__EXERCISE DETAILS__. Return every line from the one with "under-leaf path v q)" through the one with "z y).0 same))))", inclusive, exactly as it appears below.

+++ STORED DATA

-- ===== src/Mpt/Views.antt =====
-- pkg/core/mpt/trie.go: the views of the branches that Put makes.
use epicchain_go.Common.{
  ℕ, true, List, [], ◌∷◌, ◌++◌, ◌==◌, ◌≡◌, ◌≢◌, refl, ap, sym, ◌∙◌, inl, inr, Option, some, All,
  arith, Bool-cases, ==_iff,
}
use epicchain_go.Mpt.Node.{Node, leaf, branch, last_child, put_child, no_children, split_path}
use epicchain_go.Mpt.View.{under, value_at, update, IsNibble, IsPath}
use epicchain_go.Mpt.Paths.{Same, IsOther}
use epicchain_go.Mpt.Branches.{==-other, sub_trie, value_at-sub_trie, under-leaf}

pub All-append_right {ℓ κ} :
    {A : Type ℓ} (P : A → Type κ) (xs ys : List A) → All P (xs ++ ys) → All P ys
All-append_right P [] ys a = a
All-append_right P (x ∷ xs) ys a = All-append_right P xs ys a.1

pub put_child_hit : (i j : ℕ) (r : Node) (cs : ℕ → Node) → (i == j) ≡ true → put_child i r cs j ≡ r
put_child_hit i j r cs e = rw e refl

pub put_child_other : (i j : ℕ) (r : Node) (cs : ℕ → Node) → i ≢ j → put_child i r cs j ≡ cs j
put_child_other i j r cs e = rw (==-other i j e) refl

-- A branch with a child replaced, where the child's view changes at one path.
pub put_child-update :
    (cs : ℕ → Node) (p : List ℕ) (v : Option (List ℕ)) (r : Node)
    → IsPath p
    → Same (value_at r) (update (split_path p).1 v (value_at (cs (split_path p).0)))
    → Same (value_at (branch (put_child (split_path p).0 r cs))) (update p v (value_at (branch cs)))
unfolding value_at update
put_child-update cs [] v r ip s [] iq = s [] tt
put_child-update cs [] v r ip s (y ∷ q) iq =
    ap (λ n. value_at n q) (put_child_other last_child y r cs (λ e. ground (arith, iq.0)))
put_child-update cs (x ∷ p) v r ip s [] iq =
    ap (λ n. value_at n []) (put_child_other x last_child r cs (λ e. ground (arith, ip.0)))
put_child-update cs (x ∷ p) v r ip s (y ∷ q) iq = elim (Bool-cases (x == y)) [
  | inl same ↦
      ap (λ n. value_at n q) (put_child_hit x y r cs same)
      ∙ rw (same, ← (==_iff x y).0 same) (s q iq.1)
  | inr differ ↦
      ap (λ n. value_at n q) (put_child_other x y r cs (λ e. ground (arith, differ)))
      ∙ rw differ refl
]

-- A leaf's value moves into the last child of a branch.
pub put_into_leaf-view :
    (w : List ℕ) (x : ℕ) (path v : List ℕ)
    → IsPath (x ∷ path)
    → Same
        (value_at (
          branch
            (put_child last_child (leaf w) (put_child x (sub_trie path (leaf v)) no_children))))
        (update (x ∷ path) (some v) (value_at (leaf w)))
unfolding value_at update
put_into_leaf-view w x path v ip [] iq = refl
put_into_leaf-view w x path v ip (y ∷ q) iq =
    let cs = put_child x (sub_trie path (leaf v)) no_children in
    ap (λ n. value_at n q) (put_child_other last_child y (leaf w) cs (λ e. ground (arith, iq.0)))
    ∙ elim (Bool-cases (x == y)) [
      | inl same ↦ rw same (value_at-sub_trie path (leaf v) q ∙ under-leaf path v q)
      | inr differ ↦ rw differ refl
    ]

pub update_leaf : (w v : List ℕ) → Same (value_at (leaf v)) (update [] (some v) (value_at (leaf w)))
unfolding value_at update
update_leaf w v [] iq = refl
update_leaf w v (y ∷ q) iq = refl

-- The branch at which a key and a path part.
pub fork-view :
    (x : ℕ) (key_tail path_tail v : List ℕ) (next : Node)
    → IsNibble x
    → IsPath path_tail
    → IsOther x path_tail
    → Same
        (value_at (
          branch (
            put_child
              (split_path path_tail).0
              (sub_trie (split_path path_tail).1 (leaf v))
              (put_child x (sub_trie key_tail next) no_children))))
        (update path_tail (some v) (under (x ∷ key_tail) (value_at next)))
unfolding value_at update under
fork-view x key_tail [] v next ix ip other [] iq = refl
fork-view x key_tail [] v next ix ip other (y ∷ q) iq =
    let cs = put_child x (sub_trie key_tail next) no_children in
    ap (λ n. value_at n q) (put_child_other last_child y (leaf v) cs (λ e. ground (arith, iq.0)))
    ∙ elim (Bool-cases (x == y)) [
      | inl same ↦ rw same (value_at-sub_trie key_tail next q)
      | inr differ ↦ rw differ refl
    ]
fork-view x key_tail (z ∷ path_tail) v next ix ip other [] iq =
    let cs = put_child x (sub_trie key_tail next) no_children in
    ap (λ n. value_at n [])
      (put_child_other z last_child (sub_trie path_tail (leaf v)) cs (λ e. ground (arith, ip.0))
        ∙ put_child_other x last_child (sub_trie key_tail next) no_children
            (λ e. ground (arith, ix)))
fork-view x key_tail (z ∷ path_tail) v next ix ip other (y ∷ q) iq = elim (Bool-cases (z == y)) [
  | inl same ↦
      let cs = put_child x (sub_trie key_tail next) no_children in
      ap (λ n. value_at n q) (put_child_hit z y (sub_trie path_tail (leaf v)) cs same)
      ∙ rw (same, ==-other x y (λ e. other (e ∙ sym ((==_iff z y).0 same))))
          (value_at-sub_trie path_tail (leaf v) q ∙ under-leaf path_tail v q)
  | inr differ ↦
      let cs = put_child x (sub_trie key_tail next) no_children in
      ap (λ n. value_at n q)
        (put_child_other z y (sub_trie path_tail (leaf v)) cs (λ e. ground (arith, differ)))
      ∙ rw differ (elim (Bool-cases (x == y)) [
        | inl same ↦ rw same (value_at-sub_trie key_tail next q)
        | inr differ2 ↦ rw differ2 refl
      ])
]
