-- ===== src/Mpt/Totals.antt =====
-- pkg/core/mpt/trie.go: sums over the nodes of a trie and over the calls of addRef and removeRef.
use epicchain_go.Common.{
  bytes_beq, ℕ, zero, suc, ◌+◌, ◌<◌, List, [], ◌∷◌, ◌++◌, ◌==◌, if◌then◌else◌, ◌≡◌, ◌≢◌, refl, ap,
  sym, inl, inr, arith, Bool-cases, ==_iff,
}
use epicchain_go.Mpt.Node.{
  Node, leaf, branch, extension, hash, lost, empty, children_count, put_child, no_children, hash_of,
}
use epicchain_go.Mpt.Put.{Ref, added, removed, wrap_sub_trie}
use epicchain_go.Mpt.Branches.{==-other, sub_trie}

abbrev pub sum_below : ℕ → (ℕ → ℕ) → ℕ
sum_below zero f = 0
sum_below (suc n) f = sum_below n f + f n

pub sum_below-same :
    (n : ℕ) (f g : ℕ → ℕ) → ((i : ℕ) → i < n → f i ≡ g i) → sum_below n f ≡ sum_below n g
sum_below-same zero f g e = refl
sum_below-same (suc n) f g e =
    omega (arith, sum_below-same n f g (λ i lt. e i (omega (arith, lt))), e n (omega arith))

pub sum_below-zero : (n : ℕ) (f : ℕ → ℕ) → ((i : ℕ) → i < n → f i ≡ 0) → sum_below n f ≡ 0
sum_below-zero zero f e = refl
sum_below-zero (suc n) f e =
    omega (arith, sum_below-zero n f (λ i lt. e i (omega (arith, lt))), e n (omega arith))

-- One summand that is not zero.
pub sum_below-only :
    (n i : ℕ) (f : ℕ → ℕ) → i < n → ((j : ℕ) → j < n → i ≢ j → f j ≡ 0) → sum_below n f ≡ f i
sum_below-only zero i f lt e = absurd (omega (arith, lt))
sum_below-only (suc n) i f lt e = elim (Bool-cases (i == n)) [
  | inl same ↦
      let at : i ≡ n = (==_iff i n).0 same in
      let rest =
        sum_below-zero n f (λ j lj. e j (omega (arith, lj)) (λ x. omega (arith, lj, x, at))) in
      rest_and rest (ap f at)
  | inr differ ↦
      let ne : i ≢ n = λ x. ground (arith, differ) in
      let rest = sum_below-only n i f (omega (arith, lt, ne)) (λ j lj. e j (omega (arith, lj))) in
      omega (arith, rest, e n (omega arith) ne)
]
  where
    rest_and : sum_below n f ≡ 0 → f i ≡ f n → sum_below n f + f n ≡ f i
    rest_and a b = omega (arith, a, b)

module _ (weight : Node → ℕ) where
  -- The sum over the nodes of a trie, those in the store as well; hash and empty nodes count nothing.
  unfoldable pub total : Node → ℕ
  total (leaf v) = weight (leaf v)
  total (branch cs) = weight (branch cs) + sum_below children_count (λ i. total (cs i))
  total (extension k n) = weight (extension k n) + total n
  total (hash h n) = total n
  total (lost h) = 0
  total empty = 0

  -- The sums over what is added and what is removed.
  unfoldable pub plus : List Ref → ℕ
  plus [] = 0
  plus (added n ∷ refs) = weight n + plus refs
  plus (removed n ∷ refs) = plus refs

  unfoldable pub minus : List Ref → ℕ
  minus [] = 0
  minus (added n ∷ refs) = minus refs
  minus (removed n ∷ refs) = weight n + minus refs

  pub plus-append : (a b : List Ref) → plus (a ++ b) ≡ plus a + plus b
  unfolding plus
  plus-append [] b = omega arith
  plus-append (added n ∷ a) b = omega (arith, plus-append a b)
  plus-append (removed n ∷ a) b = plus-append a b

  pub minus-append : (a b : List Ref) → minus (a ++ b) ≡ minus a + minus b
  unfolding minus
  minus-append [] b = omega arith
  minus-append (added n ∷ a) b = minus-append a b
  minus-append (removed n ∷ a) b = omega (arith, minus-append a b)

  abbrev pub below : (ℕ → Node) → ℕ
  below cs = sum_below children_count (λ i. total (cs i))

  sum-put_child :
      (n i : ℕ) (r : Node) (cs : ℕ → Node)
      → i < n
      → sum_below n (λ j. total (put_child i r cs j)) + total (cs i)
        ≡ sum_below n (λ j. total (cs j)) + total r
  sum-put_child zero i r cs lt = absurd (omega (arith, lt))
  sum-put_child (suc n) i r cs lt = elim (Bool-cases (i == n)) [
    | inl same ↦
        let at : i ≡ n = (==_iff i n).0 same in
        let here : total (put_child i r cs n) ≡ total r = rw same refl in
        let there : total (cs i) ≡ total (cs n) = ap (λ j. total (cs j)) at in
        let rest =
          sum_below-same n (λ j. total (put_child i r cs j)) (λ j. total (cs j))
            (λ j lj. ap total (kept j (λ x. omega (arith, x, lj, at)))) in
        omega (arith, here, there, rest)
    | inr differ ↦
        let ne : i ≢ n = λ x. ground (arith, differ) in
        let here : total (put_child i r cs n) ≡ total (cs n) = ap total (kept n ne) in
        omega (arith, here, sum-put_child n i r cs (omega (arith, lt, ne)))
  ]
    where
      kept : (j : ℕ) → i ≢ j → put_child i r cs j ≡ cs j
      kept j ne = rw (==-other i j ne) refl

  pub below-put_child :
      (i : ℕ) (r : Node) (cs : ℕ → Node)
      → i < children_count
      → below (put_child i r cs) + total (cs i) ≡ below cs + total r
  below-put_child = sum-put_child children_count

  pub below-put_two :
      (i j : ℕ) (a b : Node)
      → i < children_count
      → j < children_count
      → i ≢ j
      → below (put_child i a (put_child j b no_children)) ≡ total a + total b
  unfolding total
  below-put_two i j a b li lj ne =
      let x = below-put_child i a (put_child j b no_children) li in
      let y = below-put_child j b no_children lj in
      let z : total (put_child j b no_children i) ≡ 0 = rw (==-other j i (λ e. ne (sym e))) refl in
      let s = sum_below-zero children_count (λ k. total (no_children k)) (λ k lt. refl) in
      omega (arith, x, y, z, s)

  -- newSubTrie adds what it wraps.
  pub plus-wrap_sub_trie :
      (path : List ℕ) (n : Node) → plus (wrap_sub_trie path n).0 + total n ≡ total (sub_trie path n)
  unfolding plus total
  plus-wrap_sub_trie [] n = omega arith
  plus-wrap_sub_trie (x ∷ path) n = omega arith

  pub minus-wrap_sub_trie : (path : List ℕ) (n : Node) → minus (wrap_sub_trie path n).0 ≡ 0
  unfolding minus
  minus-wrap_sub_trie [] n = refl
  minus-wrap_sub_trie (x ∷ path) n = refl

-- How many nodes with a hash there are.
abbrev pub has_hash : (List ℕ → List ℕ) → List ℕ → Node → ℕ
has_hash sha h n = if bytes_beq (hash_of sha n) h then 1 else 0
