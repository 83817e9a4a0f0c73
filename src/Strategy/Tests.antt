-- ===== src/Strategy/Tests.antt =====
-- The default strategy over a float64 of whole numbers.
use chanjet.Common.{◌≡◌, refl, true}
use chanjet.Common.Int.{ℤ, pos, ◌+ℤ◌, leb_ℤ}
use chanjet.Strategy.{Float64, default_strategy}

-- Percent, with the weights in tenths.
abbrev rough : Float64 ℤ
rough = record {
  of_int = λ n. n;
  div = λ a b. a;
  mul = λ a b. b;
  add = λ a b. a +ℤ b;
  ge = λ a b. leb_ℤ b a;
  time_weight = pos 4;
  size_weight = pos 6;
  full_capacity = pos 85;
}

switches : default_strategy rough (pos 40) (pos 100) (pos 50) (pos 100) ≡ true
unfolding default_strategy ◌+ℤ◌
switches = refl
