-- ===== src/Waiters/Tests.antt =====
-- Two waiters at a concrete manager, and the theorems applied to them.
use mathlib.Core.List.Perm
use chanjet.Common.{suc, ◌^◌, ◌<◌, ◌≡◌, refl, false, [], ◌∷◌, length, arith}
use chanjet.Common.Int.{pos}
use chanjet.Waiters.{
  take_at, delete, WaiterManager, Order, new_waiter_manager, register, unregister, notify,
}
use chanjet.Waiters.Invariant.{IsValid, new-IsValid, Registered, register-Registered}
use chanjet.Waiters.Leave.{Unregistered, unregister-Unregistered}
use chanjet.Waiters.Wake.{Walks, Notified, notify_wakes}

abbrev one_waiter : WaiterManager
one_waiter = (register 0 new_waiter_manager).1

abbrev two_waiters : WaiterManager
two_waiters = (register 0 one_waiter).1

abbrev as_listed : Order
as_listed r ws = ws

as_listed-Walks : Walks as_listed
as_listed-Walks r ws = Perm.rfl

room_for_one : suc one_waiter.current_id < 2 ^ 64
unfolding register new_waiter_manager take_at
room_for_one = omega arith

register-Registered_example : Registered one_waiter (register 0 one_waiter)
unfolding new_waiter_manager
register-Registered_example =
    register-Registered 0 one_waiter
      (register-Registered 0 new_waiter_manager new-IsValid (omega arith)).valid room_for_one

two_waiters-IsValid : IsValid two_waiters
two_waiters-IsValid = register-Registered_example.valid

listed : two_waiters.ws ≡ (2, 1) ∷ (1, 0) ∷ []
unfolding register new_waiter_manager take_at delete
listed = refl

open_ : two_waiters.closed ≡ false
unfolding register new_waiter_manager take_at
open_ = refl

waiting : 0 < length two_waiters.ws
unfolding register new_waiter_manager take_at
waiting = omega arith

notify_wakes_example :
    Notified as_listed two_waiters as_listed-Walks two_waiters-IsValid 1
      (notify as_listed (pos 1) two_waiters)
notify_wakes_example =
    notify_wakes as_listed two_waiters as_listed-Walks two_waiters-IsValid 1 open_ waiting
      (omega arith)

unregister-Unregistered_example : Unregistered 1 two_waiters (unregister 1 two_waiters)
unregister-Unregistered_example = unregister-Unregistered 1 two_waiters two_waiters-IsValid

++++++

__REPLY__.
      | inl same ↦ rw same (value_at-sub_trie path (leaf v) q ∙ under-leaf path v q)
      | inr differ ↦ rw differ refl
    ]

pub update_leaf : (w v : List ℕ) → Same (value_at (leaf v)) (update [] (some v) (value_at (leaf w)))
unfolding value_at update
update_leaf w v [] iq = refl
update_leaf w v (y ∷ q) iq = refl

-- The branch at which a key and a path part.
pub fork-view :
    (x : ℕ) (key_tail path_tail v : List ℕ) (next : Node)
    → IsNibble x
    → IsPath path_tail
    → IsOther x path_tail
    → Same
        (value_at (
          branch (
            put_child
              (split_path path_tail).0
              (sub_trie (split_path path_tail).1 (leaf v))
              (put_child x (sub_trie key_tail next) no_children))))
        (update path_tail (some v) (under (x ∷ key_tail) (value_at next)))
unfolding value_at update under
fork-view x key_tail [] v next ix ip other [] iq = refl
fork-view x key_tail [] v next ix ip other (y ∷ q) iq =
    let cs = put_child x (sub_trie key_tail next) no_children in
    ap (λ n. value_at n q) (put_child_other last_child y (leaf v) cs (λ e. ground (arith, iq.0)))
    ∙ elim (Bool-cases (x == y)) [
      | inl same ↦ rw same (value_at-sub_trie key_tail next q)
      | inr differ ↦ rw differ refl
    ]
fork-view x key_tail (z ∷ path_tail) v next ix ip other [] iq =
    let cs = put_child x (sub_trie key_tail next) no_children in
    ap (λ n. value_at n [])
      (put_child_other z last_child (sub_trie path_tail (leaf v)) cs (λ e. ground (arith, ip.0))
        ∙ put_child_other x last_child (sub_trie key_tail next) no_children
            (λ e. ground (arith, ix)))
fork-view x key_tail (z ∷ path_tail) v next ix ip other (y ∷ q) iq = elim (Bool-cases (z == y)) [
  | inl same ↦
      let cs = put_child x (sub_trie key_tail next) no_children in
      ap (λ n. value_at n q) (put_child_hit z y (sub_trie path_tail (leaf v)) cs same)
      ∙ rw (same, ==-other x y (λ e. other (e ∙ sym ((==_iff z y).0 same))))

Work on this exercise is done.